Results from my own decidedly nonclinical study—the Covid Cushion Effect—were almost as conclusive: My lack of activity and poor food choices during isolation were adding padding to my waistline, and no doubt contributing to my funk. I sought diet advice from Max Lugavere, the author of Genius Foods: Become Smarter, Happier, and More Productive While Protecting Your Brain for Life. Along with dark, leafy greens and collagen-filled foods like chicken drumsticks, he recommended eating foods rich in fat-soluble antioxidants and carotenoids. “The brain is constructed largely of a particularly damage-prone type of fat,” he told me. Lugavere’s food of choice: fatty fish, especially wild salmon, which is high in astaxanthin and DHA fat, one of the most important structural building blocks of the brain. “I also try to eat a lot of ikura [salmon roe] sushi,” he said. “It contains a unique chemical form of DHA that, for some people, might be more easily absorbed into the brain.”

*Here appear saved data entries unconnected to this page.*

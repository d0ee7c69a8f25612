-- ===== src/Tests/Tokio.antt =====
-- Runs of src/tokio_runtime.rs.
use svc_resillience_rs.Prelude.{
  ℕ, ◌≡◌, refl, true, if◌then◌else◌, Option, none, some, ok, err, Duration, leb,
}
use svc_resillience_rs.Deadline.{is_exhausted, clamp_child}
use svc_resillience_rs.Tokio.{
  caller_cancelled, logical_deadline_exceeded, child_timeout, TokioRequestBudget, remaining,
  timeout, timeout_or_cancel,
}

-- A future that needs 30 ns.
abbrev thirty : Duration → Option ℕ
thirty given = if leb 30 given then some 42 else none

abbrev hundred : TokioRequestBudget
hundred = record { core = record { limit = some 100 }; started = 5 }

runs :
    (timeout hundred 15 50 thirty ≡ ok 42)
    × (timeout hundred 15 20 thirty ≡ err child_timeout)
    × (timeout hundred 95 20 thirty ≡ err logical_deadline_exceeded)
    × (timeout_or_cancel hundred 15 50 thirty true ≡ err caller_cancelled)
    × (remaining hundred 95 ≡ some 10)
unfolding timeout timeout_or_cancel remaining is_exhausted clamp_child
runs = (refl, refl, refl, refl, refl)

Hunger pangs and a sudden craving for Nobu takeout made me forget to ask Lugavere where he stands on nootropics, nutrients purported to help the brain’s neurotransmitters work more efficiently. I wasn’t sure he would approve of my newest ingestible obsession: Formula, a customized regimen meant to enhance productivity and focus. Based on how you answer an online questionnaire, you receive four nootropic blends and test-drive each one for six days to see which, if any, provides what company cofounder Adam Greenfeld calls a “measurable, braggable” effect. “When the nootropic is right, you know it,” he said. “You see it in your productivity, feel it in your mood. It’s like this overwhelmingly aha type of moment. There’s no one-size-fits-all approach when it comes to nootropics, because there are so many variations in neurochemistry.” In the interest of having it all, I couldn’t help but wonder what would happen if I mixed my bespoke batch of potential wonder pills—Clarity, Motivation, Creativity, and Logic—into one big brain-enhancing cocktail. Would I finally write that book? Or end up in the hospital?

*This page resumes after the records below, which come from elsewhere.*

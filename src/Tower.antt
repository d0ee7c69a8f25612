-- ===== src/Tower.antt =====
-- src/tower_adapter.rs: the retry service of the Tower adapter. The wrapped service, its readiness,
-- the clock and the sleep are of other crates: `Downstream` has what the loop uses of them, as
-- changes of the caller's state. The request that `make` creates is part of the downstream call.
pub mod Stops
pub mod Loop
pub mod Unlimited
pub mod Service
pub mod Readiness
pub mod Kept
pub mod Bounds
pub mod Waits
use Prim.Native.String.{◌++◌}
use svc_resillience_rs.Prelude.{
  ℕ, zero, suc, ◌+◌, ◌-◌, not, Option, none, some, String, if◌then◌else◌, Result, ok, err, ok_or,
  map_err, Duration,
}
use svc_resillience_rs.Deadline.{is_exhausted, clamp_child, can_wait}
use svc_resillience_rs.Deadline as Deadline
use svc_resillience_rs.Retry.{RetryDecision, RetryPolicy, next_delay}
use svc_resillience_rs.Tokio.{
  TokioExecutionStop, logical_deadline_exceeded, TokioRequestBudget, elapsed, stop_of,
  sleep_backoff,
}
use svc_resillience_rs.Tokio as Tokio

pub record TowerRequestFactory : Type 0 where
  pub budget : TokioRequestBudget
  pub attempt_timeout : Duration

pub data TowerRetryError (E : Type 0) : Type 0 where
  readiness call : E → TowerRetryError E
  runtime : TokioExecutionStop → TowerRetryError E

-- `stop` is the `Debug` text of a stop.
unfoldable pub display_retry_error :
    {E : Type 0} → (E → String) → (TokioExecutionStop → String) → TowerRetryError E → String
display_retry_error display stop (readiness error) = "service readiness failed: " ++ display error
display_retry_error display stop (call error) = "service call failed: " ++ display error
display_retry_error display stop (runtime s) = "runtime stopped execution: " ++ stop s

pub record Downstream (S T E : Type 0) : Type 0 where
  -- `tokio::time::Instant::now`, and `std::time::Instant::now`, which the retry policy's elapsed time
  -- is measured with; nothing relates the two.
  pub now : S → ℕ
  pub std_now : S → ℕ
  -- A call, and a wait for readiness, that get a time: `none` if the time ran out.
  pub call : S → Duration → Option (Result T E) × S
  pub ready_within : S → Duration → Option (Result {0, 0} Unit E) × S
  pub ready : S → Result {0, 0} Unit E × S
  pub sleep : S → Duration → S
  pub classify : E → RetryDecision
  pub draw : ℕ → ℕ → ℕ

-- `TokioRequestBudget::timeout` on a future that changes the state; one that is never polled does not.
unfoldable pub timeout_state :
    {A S : Type 0}
    → TokioRequestBudget
    → ℕ
    → Duration
    → (Duration → Option A × S)
    → S
    → Result A TokioExecutionStop × S
timeout_state b now requested future s =
    let (output, s') = future (clamp_child b.core (elapsed b now) requested) in
    if is_exhausted b.core (elapsed b now)
    then (err logical_deadline_exceeded, s)
    else (ok_or output (stop_of (Deadline.remaining b.core (elapsed b now)) requested), s')

-- How one round of the loop ends: the service's answer, or another round.
pub data Round (S T E : Type 0) : Type 0 where
  finish : Result T (TowerRetryError E) → S → Round S T E
  again : S → Round S T E

-- What a call of the service has done: its answer, the state and the number of calls downstream.
pub record ServiceRun (S T E : Type 0) : Type 0 where
  pub result : Result T (TowerRetryError E)
  pub state : S
  pub calls : ℕ

module _ {S T E : Type 0} (p : RetryPolicy) (r : TowerRequestFactory) (d : Downstream S T E)
    (started : ℕ) where
  -- The end of a round, after the wait for readiness.
  unfoldable pub after_ready : Result (Result {0, 0} Unit E) TokioExecutionStop × S → Round S T E
  after_ready (err stop, s) = finish (err (runtime stop)) s
  after_ready (ok (err error), s) = finish (err (readiness error)) s
  after_ready (ok (ok u), s) = again s

  -- The wait for readiness, within the budget that remains, if there is a limit.
  unfoldable pub await_ready : S → Round S T E
  unfolding after_ready
  await_ready s = elim (Tokio.remaining r.budget (d.now s)) [
    | some left ↦ after_ready (timeout_state r.budget (d.now s) left (d.ready_within s) s)
    | none ↦ let (outcome, s') = d.ready s in after_ready (ok outcome, s')
  ]

  -- The backoff sleep; one that is refused does not sleep.
  unfoldable pub pause : S → Duration → Round S T E
  pause s delay =
      let woken = d.sleep s delay in
      elim (sleep_backoff r.budget (d.now s) (d.now woken) delay) [
        | err stop ↦
            finish (err (runtime stop))
              (if can_wait r.budget.core (elapsed r.budget (d.now s)) delay then woken else s)
        | ok u ↦ await_ready woken
      ]

  -- The loop's match on the result of a downstream call.
  unfoldable pub after_call : ℕ → Result (Result T E) TokioExecutionStop × S → Round S T E
  after_call attempt (err stop, s) = finish (err (runtime stop)) s
  after_call attempt (ok (ok response), s) = finish (ok response) s
  after_call attempt (ok (err error), s) =
      elim (next_delay p (d.draw attempt) attempt (d.std_now s - started) (d.classify error)) [
        | none ↦ finish (err (call error)) s
        | some delay ↦ pause s delay
      ]

  unfoldable pub round : ℕ → S → Round S T E
  round attempt s =
      after_call attempt (timeout_state r.budget (d.now s) r.attempt_timeout (d.call s) s)

  -- The loop from an attempt on. `none` means that the fuel ran out.
  unfoldable pub service_loop : ℕ → ℕ → S → Option (ServiceRun S T E)
  service_loop zero attempt s = none
  service_loop (suc fuel) attempt s = elim (round attempt s) [
    | finish result s' ↦ some (record { result = result; state = s'; calls = attempt })
    | again s' ↦ service_loop fuel (attempt + 1) s'
  ]

-- `Service::call` of `TowerRetryService`: as many rounds as attempts are allowed are enough.
unfoldable pub service_call :
    {S T E : Type 0}
    → RetryPolicy
    → TowerRequestFactory
    → Downstream S T E
    → S
    → Option (ServiceRun S T E)
service_call p r d s = service_loop p r d (d.std_now s) p.max_attempts 1 s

While I awaited my pod experience, hoped for a nootropic aha moment, and stuffed myself silly with drumsticks and fish eggs, I decided to revisit online shoe shopping, my favorite prepandemic source of serotonin. But with nowhere to go and no one to impress, I focused on a new kind of accessory: brain-tech wearables. I can now be found sporting a sleek, black Apollo strap around my ankle (think bondage restraint meets Balenciaga-esque house-arrest tracking device), which soothes my ragged nervous system with vibrational touch therapy; a Woojer (a supercool haptic device that uses tactile audio to help me feel music and calming frequencies) around my waist; and a HeartMath clip on my ear that tracks heart rate variability and will hopefully lead me to “physiological coherence.” And call me delusional, but I’m convinced that my Muse 2 brain-sensing meditation headband lends me a certain Gal Gadot vibe. I just hope I don’t lose what little is left of my mind when I see my credit card bill.